Gap junctional communication and pharmacological heterogeneity in astrocytes cultured from the rat striatum

Abstract

Indo-1 and fluo-3 imaging techniques were used to investigate the role of gap junctions in the changes in cytosolic calcium concentrations ([Ca2+]i) induced by several receptor agonists. Subpopulations of confluent cultured astrocytes from the rat striatum were superfused with submaximal concentrations of endothelin-1 (Et1) and the alpha 1-adrenergic and muscarinic receptor agonists, methoxamine and carbachol, respectively. 2. Combined binding and autoradiographic studies indicated that all striatal astrocytes possess binding sites for Et1. In contrast, alpha 1-adrenergic and muscarinic binding sites were found to be heterogeneously distributed. In agreement with these findings, Et1 induced fast calcium responses in all cells while only subsets of striatal astrocytes responded to the application of methoxamine or carbachol. 3. Halothane, heptanol and octanol, which are commonly used as gap junction inhibitors, drastically reduced the amplitude of Et1-induced calcium responses.

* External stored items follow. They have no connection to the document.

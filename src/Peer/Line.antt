-- ===== src/Peer/Line.antt =====
-- The request lines, as the service reads them.
use s2_decentralised_storage.Prelude.{
  ℕ, ◌+◌, ◌≤◌, ◌<◌, ◌≡◌, ◌≢◌, refl, subst, ap, sym, ◌∙◌, true, false, Option, none, some, [], ◌∷◌,
  ◌++◌, append_assoc, append-nil, Bytes, length, All, ltb, ◌==◌, if◌then◌else◌, arith,
  length-append,
}
use s2_decentralised_storage.Cpp.Stream.{
  is_space, IsGraph, IsWord, read_word-append, read_word-space,
}
use s2_decentralised_storage.Cpp.Decimal.{
  u64_mod, to_string, read_number-to_string, read_number-space,
}
use s2_decentralised_storage.Net.Socket.{Segments, flatten, recv_line, IsSteady}
use s2_decentralised_storage.Net.Socket.Segmentation.{line_of, SameRead, recv_line_lem}
use s2_decentralised_storage.Peer.Service.{extract_word, extract_size}

-- No line end and no carriage return.
abbrev pub IsPlain : ℕ → Type 0
IsPlain c = (c ≢ 10) × (c ≢ 13)

pub IsPlain-of_IsGraph : (c : ℕ) → IsGraph c → IsPlain c
unfolding is_space
IsPlain-of_IsGraph c g = (λ e. ground arith, λ e. ground arith)

-- One character of the line is pushed.
line_of_step :
    (acc : Bytes) (c : ℕ) (s : Bytes)
    → IsPlain c
    → length (acc ++ c ∷ []) ≤ 8192
    → line_of acc (c ∷ s) ≡ line_of (acc ++ c ∷ []) s
unfolding line_of
line_of_step acc c s (p, q) fits =
    let n : (c == 10) ≡ false = ground arith in
    let r : (c == 13) ≡ false = ground arith in
    let next : (if c == 13 then acc else acc ++ c ∷ []) ≡ acc ++ c ∷ [] = rw (r) in
    let short : ltb 8192 (length (acc ++ c ∷ [])) ≡ false = ground (arith, fits) in
    rw (line_of, n)
      (ap
          (λ x. elim (ltb 8192 (length x)) as (λ _. Option (Bytes × Bytes)) [
            | true ↦ none
            | false ↦ line_of x s
          ])
          next
        ∙ ap
            (λ b. elim b as (λ _. Option (Bytes × Bytes)) [
              | true ↦ none
              | false ↦ line_of (acc ++ c ∷ []) s
            ])
            short)

line_of_lem :
    (acc w rest : Bytes)
    → All IsPlain w
    → length acc + length w ≤ 8192
    → line_of acc (w ++ 10 ∷ rest) ≡ some (acc ++ w, rest)
unfolding line_of
line_of_lem acc [] rest h k = ap (λ l. some (l, rest)) (sym (append-nil acc))
line_of_lem acc (c ∷ w) rest (p, h) k =
    let fits : length (acc ++ c ∷ []) + length w ≤ 8192 =
      omega (arith, length-append acc (c ∷ [])) in
    line_of_step acc c (w ++ 10 ∷ rest) p (omega (arith, fits))
    ∙ line_of_lem (acc ++ c ∷ []) w rest h fits
    ∙ ap (λ l. some (l, rest)) (append_assoc acc (c ∷ []) w)

-- A line that was read, and the bytes behind it.
abbrev pub LineRead : Segments → Bytes → Bytes → Type 0
LineRead segs line rest =
    (left : Segments) × (recv_line segs ≡ some (line, left)) × (flatten left ≡ rest) × IsSteady left

same-LineRead :
    (o : Option (Bytes × Segments)) (line rest : Bytes)
    → SameRead o (some (line, rest))
    → (left : Segments) × (o ≡ some (line, left)) × (flatten left ≡ rest) × IsSteady left
same-LineRead none line rest h = absurd h
same-LineRead (some (l, segs)) line rest (e, f, st) = (segs, ap (λ x. some (x, segs)) e, f, st)

pub recv_line-append :
    (segs : Segments) (w rest : Bytes)
    → IsSteady segs
    → flatten segs ≡ w ++ 10 ∷ rest
    → All IsPlain w
    → length w ≤ 8192
    → LineRead segs w rest
recv_line-append segs w rest st e plain fits = same-LineRead (recv_line segs) w rest (
    subst (SameRead (recv_line segs))
      (ap (line_of []) e ∙ line_of_lem [] w rest plain (omega (arith, fits)))
      (recv_line_lem segs st))

pub extract_word_end : (w : Bytes) → IsWord w → extract_word w ≡ (w, [])
unfolding extract_word
extract_word_end w g = let e = read_word-append w [] g tt in rw (rw append-nil at e)

pub extract_word-append :
    (w rest : Bytes) → IsWord w → extract_word (w ++ b' ' ∷ rest) ≡ (w, b' ' ∷ rest)
unfolding extract_word
extract_word-append w rest g = rw (read_word-append w (b' ' ∷ rest) g (unfold is_space in refl))

pub extract_word-space : (s : Bytes) → extract_word (b' ' ∷ s) ≡ extract_word s
unfolding extract_word
extract_word-space s = rw (read_word-space b' ' s (unfold is_space in refl))

pub extract_size-to_string : (n : ℕ) → n < u64_mod → extract_size (b' ' ∷ to_string n) ≡ n
unfolding extract_size
extract_size-to_string n h =
    let e = read_number-to_string n [] tt in
    rw
      (
        read_number-space b' ' (to_string n) (unfold is_space in refl),
        extract_size,
        rw append-nil at e,
      )
      (ground arith)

In contrast, 18-alpha-glycyrrhetinic acid (alpha GA) used at a concentration known to block gap junction permeability in astrocytes had no significant effect on the amplitude of these calcium responses. 4. As demonstrated by quantitative and topological analysis, Et1 application similarly increased [Ca2+]i levels in all astrocytes in both the absence and presence of alpha GA. 5. In control conditions, subpopulations of cells responding to methoxamine or carbachol exhibited two main types of calcium responses which differed in their shape and kinetic characteristics. In the presence of alpha GA the number of cells responding to these receptor agonists was significantly reduced. Indeed, responses characterized by their long latency, slow rise time and weak amplitude disappeared in the presence of alpha GA while responses with short latency and fast rise time were preserved. 6. These results indicate that permeable gap junction channels tend to attenuate the pharmacological and functional heterogeneity of populations of astrocytes, while their inhibition restricts calcium responses in astrocytes expressing high densities of transmitter receptors coupled to phospholipase C.